Prima del match valevole per il titolo italiano Valerio Lamanna chiama sul ring per ricevere l’applauso del pubblico Mirko Ricci, che difenderà il suo titolo Intercontinentale WBA il 27 giugno. Salgono quindi sul ring Andrea Manco e Massimiliano Buccheri per contendersi il titolo italiano dei medi lasciato vacante. Il pugliese inizia a gran carriera costringendo sulla difensiva l’avversario. L’aggressività di Manco sembra confondere le idee al romano. A partire dal quinto round Buccheri, che ha all’angolo Venturini e Di Gianfrancesco, frena con maggiore disinvoltura gli attacchi dell’avversario, che non ha esperienza per una distanza così lunga e che oltrettutto presenta un’insidiosa ferita allo zigomo sinistro. Nel sesto round Buccheri va a segno con più frequenza con un avversario che deve recuperare ossigeno. La ferita di Manco richiede l’intervento del medico, che decreta lo stop. Per l’arbitro la ferita è stata provocata da un colpo e non da una testata, sia pure fortuita, per cui il verdetto è di kotc a favore di Buccheri, che conquista il suo secondo titolo italiano.

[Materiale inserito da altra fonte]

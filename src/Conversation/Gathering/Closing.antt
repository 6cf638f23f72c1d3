-- ===== src/Conversation/Gathering/Closing.antt =====
-- The owner of a chat room leaves it, and the room is closed (ServerSide/src/Dispatcher.cpp,
-- leave_chatroom, and ClientSide/src/Client.cpp, chatroomWasClosed).
use networking_programming_p.Base.{
  ℕ, ◌≡◌, refl, sym, ap, subst, ◌∙◌, Str, List, [], ◌∷◌, ◌++◌, Option, none, some, Bool, true,
  arith, All, str_eq, str_eq_refl, drop-append, if◌then◌else◌,
}
use networking_programming_p.Wire.{Arrival, chunk, leftover, read_command}
use networking_programming_p.Wire.RoundTrip.{read_command-command_bytes}
use networking_programming_p.OrderedMap.{OrderedMap, find}
use networking_programming_p.OrderedMap.Laws.{find-erase}
use networking_programming_p.Protocol.{leave_chatroom as leave_command, connection_error}
use networking_programming_p.Dispatcher.State.{Pointer, Socket, User, ChatRoom, World, update}
use networking_programming_p.Dispatcher.Monad.{◌>>=◌, command_packets}
use networking_programming_p.Dispatcher.Steps.{send}
use networking_programming_p.Dispatcher.Caller.{scan_users}
use networking_programming_p.Dispatcher.Rooms.{leave_chatroom}
use networking_programming_p.Dispatcher.Rooms.Join.{HasMembersAt}
use networking_programming_p.Dispatcher.Rooms.Leave.{
  closed_packets, closed, left, departed, leave_chatroom_lem,
}
use networking_programming_p.Dispatcher.Loop.{handle}
use networking_programming_p.Dispatcher.Loop
use networking_programming_p.Dispatcher.Taken.{
  taken, round-handle, taken-caller, taken-members, taken-found, rooms-taken,
}
use networking_programming_p.Client.{Client}
use networking_programming_p.Client.Handlers
use networking_programming_p.Client.Run.{round, no_session}
use networking_programming_p.Client.Delivered.{delivered}
use networking_programming_p.Conversation.{news, hearing}
use networking_programming_p.Conversation.Leaving.{news-close_session}
use networking_programming_p.Conversation.Gathering.{
  Gathering, IsGathered, IsThere, AreApart, socket_of, departing, sent_since,
}
use networking_programming_p.Conversation.Gathering.Splits.{All-at, All-splits}
use networking_programming_p.Conversation.Gathering.Apart.{AreApart-before, AreApart-after}
use networking_programming_p.Conversation.Gathering.Notices.{
  closed_packets-eq, delivered-closed_member, IsFree, All-IsFree, IsOut, closed-IsOut, round-closed,
}

-- An owner that can leave the room, with all who are there.
pub record CanClose (room : Pointer) (g : Gathering) (caller : Pointer)
    (before after : OrderedMap Pointer) : Type 0 where
  pub caller_is :
      scan_users g.world.users (g.world.users caller).socket none g.world.users_map ≡ some caller
  pub is_member : g.roster ≡ before ++ (((g.world.users caller).name, caller) ∷ after)
  pub is_owner : str_eq (g.world.rooms room).owner (g.world.users caller).name ≡ true
  pub in_session : (g.clients (g.world.users caller).socket).is_in_session ≡ true
  pub in_chat_room : (g.clients (g.world.users caller).socket).is_in_chat_room ≡ true

module _ (room : Pointer) (g : Gathering) (caller : Pointer) (before after : OrderedMap Pointer)
    (rest : List ℕ) (q : List Arrival) (inv : IsGathered room g)
    (can : CanClose room g caller before after) where
  abbrev sock : Socket
  sock = socket_of g caller

  abbrev v : World
  v = taken sock (leftover rest q) g.world

  abbrev over : World
  over = closed caller room g.roster v

  there : IsThere room g.world g.clients ((g.world.users caller).name, caller)
  there = All-at _ before _ after (subst (All _) can.is_member inv.are_there)

  caller_eq : v.users caller ≡ g.world.users caller
  caller_eq = taken-caller sock (leftover rest q) g.world caller inv.consistent can.caller_is

  room_members : HasMembersAt g.roster v (some room)
  unfolding taken
  room_members = (inv.members_are, inv.are_connected)

  is_owner : str_eq (v.rooms room).owner (v.users caller).name ≡ true
  is_owner =
      ap (λ (rooms : Pointer → ChatRoom). str_eq (rooms room).owner (v.users caller).name)
        (rooms-taken sock (leftover rest q) g.world)
      ∙ ap (λ (u : User). str_eq (g.world.rooms room).owner u.name) caller_eq
      ∙ can.is_owner

  room_eq : (v.users caller).connected_to_chat_room ≡ some room
  room_eq = ap (λ (u : User). u.connected_to_chat_room) caller_eq ∙ there.room_is

  closing : leave_chatroom g.world.next_user v ≡ some (tt, over)
  closing =
      leave_chatroom_lem v g.world.next_user caller g.roster
        (taken-found sock (leftover rest q) g.world caller inv.consistent can.caller_is)
        (subst (HasMembersAt g.roster v) (sym room_eq) room_members)
      ∙ ap (λ (b : Bool). outcome b (v.users caller).connected_to_chat_room)
          (ap (λ (u : User). u.connection_status) caller_eq ∙ there.status)
      ∙ ap (outcome true) room_eq
      ∙ ap (λ (b : Bool). some (tt, if b then over else left caller room g.roster v)) is_owner
    where
      outcome : Bool → Option Pointer → Option (Unit {0} × World)
      outcome flag o = some (
        tt,
        if flag
            then departed g.world.next_user caller g.roster v o
            else send (command_packets (v.users g.world.next_user).socket connection_error) v,
      )

  ran :
      g.world.inbox sock ≡ chunk (news (g.clients sock) (departing g caller) ++ rest) ∷ q
      → Loop.round sock g.world ≡ some (tt, over)
  unfolding handle ◌>>=◌
  ran e =
      round-handle sock leave_command (leftover rest q) g.world there.is_socket (
        ap read_command (
          e
          ∙ ap (λ bs. chunk bs ∷ q)
              (news-close_session (g.clients sock) rest can.in_session can.in_chat_room))
        ∙ read_command-command_bytes leave_command rest q (omega arith))
      ∙ closing

  sent-closed : sent_since g.world over ≡ closed_packets g.world.users g.roster
  unfolding closed taken
  sent-closed =
      drop-append g.world.sent _
      ∙ closed_packets-eq v.users g.world.users g.roster (
          taken-members sock (leftover rest q) g.world caller inv.consistent can.caller_is g.roster
            inv.are_connected)

  closed-IsFree : All (λ (e : Str × Pointer). IsFree (over.users e.1)) g.roster
  unfolding closed
  closed-IsFree = All-IsFree v.users g.roster

  room_gone : find (g.world.rooms room).name over.chatrooms_map ≡ none
  unfolding closed taken
  room_gone =
      find-erase (g.world.rooms room).name (g.world.rooms room).name g.world.chatrooms_map
      ∙ rw (str_eq_refl (g.world.rooms room).name) refl

  -- What the client of each member makes of it.
  hears :
      (b a : OrderedMap Pointer) (u : Str) (p : Pointer) (c : Client)
      → g.roster ≡ b ++ ((u, p) ∷ a)
      → (d : Client) × (round (hearing (socket_of g p) (sent_since g.world over) c) ≡ some d)
        × IsOut d
  hears b a u p c split =
      let it : IsThere room g.world g.clients (u, p) =
        All-at _ b (u, p) a (subst (All _) split inv.are_there) in
      let alone = subst (AreApart g.world.users) split inv.are_apart in
      (
        no_session (Handlers.chatroom_was_closed (record c { inbox = [] })),
        round-closed (hearing (socket_of g p) (sent_since g.world over) c) (
            ap (λ bs. chunk bs ∷ [])
              (ap (delivered (socket_of g p))
                  (sent-closed ∙ ap (closed_packets g.world.users) split)
                ∙ delivered-closed_member g.world.users b a u p it.is_socket
                    (AreApart-before g.world.users b u p a alone)
                    (AreApart-after g.world.users b u p a alone))),
        closed-IsOut (record c { inbox = [] }),
      )

-- When what the client of a room's owner writes to close its session arrives at the dispatcher, it
-- answers without a fault: the room is gone from the map, everybody who was there is in no room,
-- and each of their clients, in one round with what is sent to it, comes to be in no session and no
-- room and has no partners.
pub round-closing :
    (room : Pointer) (g : Gathering) (caller : Pointer) (before after : OrderedMap Pointer)
    (rest : List ℕ) (q : List Arrival)
    → IsGathered room g
    → CanClose room g caller before after
    → g.world.inbox (socket_of g caller)
      ≡ chunk (news (g.clients (socket_of g caller)) (departing g caller) ++ rest) ∷ q
    → (v : World) × (Loop.round (socket_of g caller) g.world ≡ some (tt, v))
      × (find (g.world.rooms room).name v.chatrooms_map ≡ none)
      × All (λ (e : Str × Pointer). IsFree (v.users e.1)) g.roster
      × All
          (λ (e : Str × Pointer).
            (c : Client) × (round (
                hearing
                  (socket_of g e.1)
                  (sent_since g.world v)
                  (update g.clients (socket_of g caller) (departing g caller) (socket_of g e.1)))
              ≡ some c)
            × IsOut c)
          g.roster
round-closing room g caller before after rest q inv can e = (
  over room g caller before after rest q inv can,
  ran room g caller before after rest q inv can e,
  room_gone room g caller before after rest q inv can,
  closed-IsFree room g caller before after rest q inv can,
  All-splits _ g.roster (λ b x a split.
      hears room g caller before after rest q inv can b a x.0 x.1
        (update g.clients (socket_of g caller) (departing g caller) (socket_of g x.1)) split),
)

Il rullo di tamburi senegalesi accompagna l’entrata di Mouhamed Alì Ndiaye (+ 24, – 2, = 1) e subito dopo Giovanni De Carolis (+ 22, -5) detentore dell’intercontinentale IBF dei supermedi. Per Ndiaye si parla di riscatto dopo la sconfitta subita da Rebrasse, mentre il romano è chiamato a confermare la validità delle sue ambizioni. Non c’è studio e lo dimostra il pugile di Mattioli e Ascani partendo come un fulmine su un avversario che si lascia sorprendere scoperto. La lotta s’infiamma e i due rotolano al tappeto. Il match è convulso e molti colpi vanno a vuoto. L’arbitro inglese richiama Ndiaye per le sue trattenute oltre i limiti. Terzo round incandescente con De Carolis intenzionato a chiudere che si fa pescare da un paio di destri pericolosi. Nel quinto round scambio al cardiopalma nello spazio di un fazzoletto. De Carolis consuma energie per scrollarsi dai tentacoli di Ndiaye. Nel settimo scambio selvaggio, con l’arbitro che non ne vuol sapere di richiamare Ndiaye. De Carolis attacca senza curarsi troppo della difesa e deve incassare qualche destro, ma nel finale del nono round il senegalese accusa una serie. L’intervallo di un minuto tra il nono e decimo round si trasforma in un tempo maggiore per l’angolo di Ndiaye proteso ad asciugare il tappeto. Bou Ali Kamel, ex campione del mondo, mette in vetrina la sua abilità come cornermen, ma non serve perché una potente serie costringe al tappeto il senegalese che viene contato. De Carolis fiuta la possibilità di finire il match prima del tempo, ma viene frenato dalla “testa” di Ndiaye che rimedia un altro richiamo ufficiale. Match estenuante e nel 12mo round  lo sfidante rinnova la sua conoscenza con il tappeto, dopo il conteggio incassa altri colpacci e si vede volare un asciugamano, mossa non valida da regolamrento. Il match riprende dopo qualche secondo e finisce con Ndiaye in barca. Il punteggio dei giudici non ammette replica (118-106 Rega, 117-107 Zaccardi, 119-104 Bianco). De Carolis conserva il titolo e si conferma pugile in ascesa, Ndiaye sembra invece accusare i suoi 35 anni, ma non ha nulla da rimproverarsi per aver disputato 12 rounds provandoci anche in qualche occasione. Una bella serata con pubblico caldo e partecipe tra cui si si è notata la presenza di qualche vip come Toni Masciarelli, che ha fatto i suoi complimenti a Manuel Lancia, e la bella attrice Asia Argento, grande appassionata della noble art.

RISULTATI

Superwelter: Vincenzo Bevilacqua b. Alain Kourouma 4.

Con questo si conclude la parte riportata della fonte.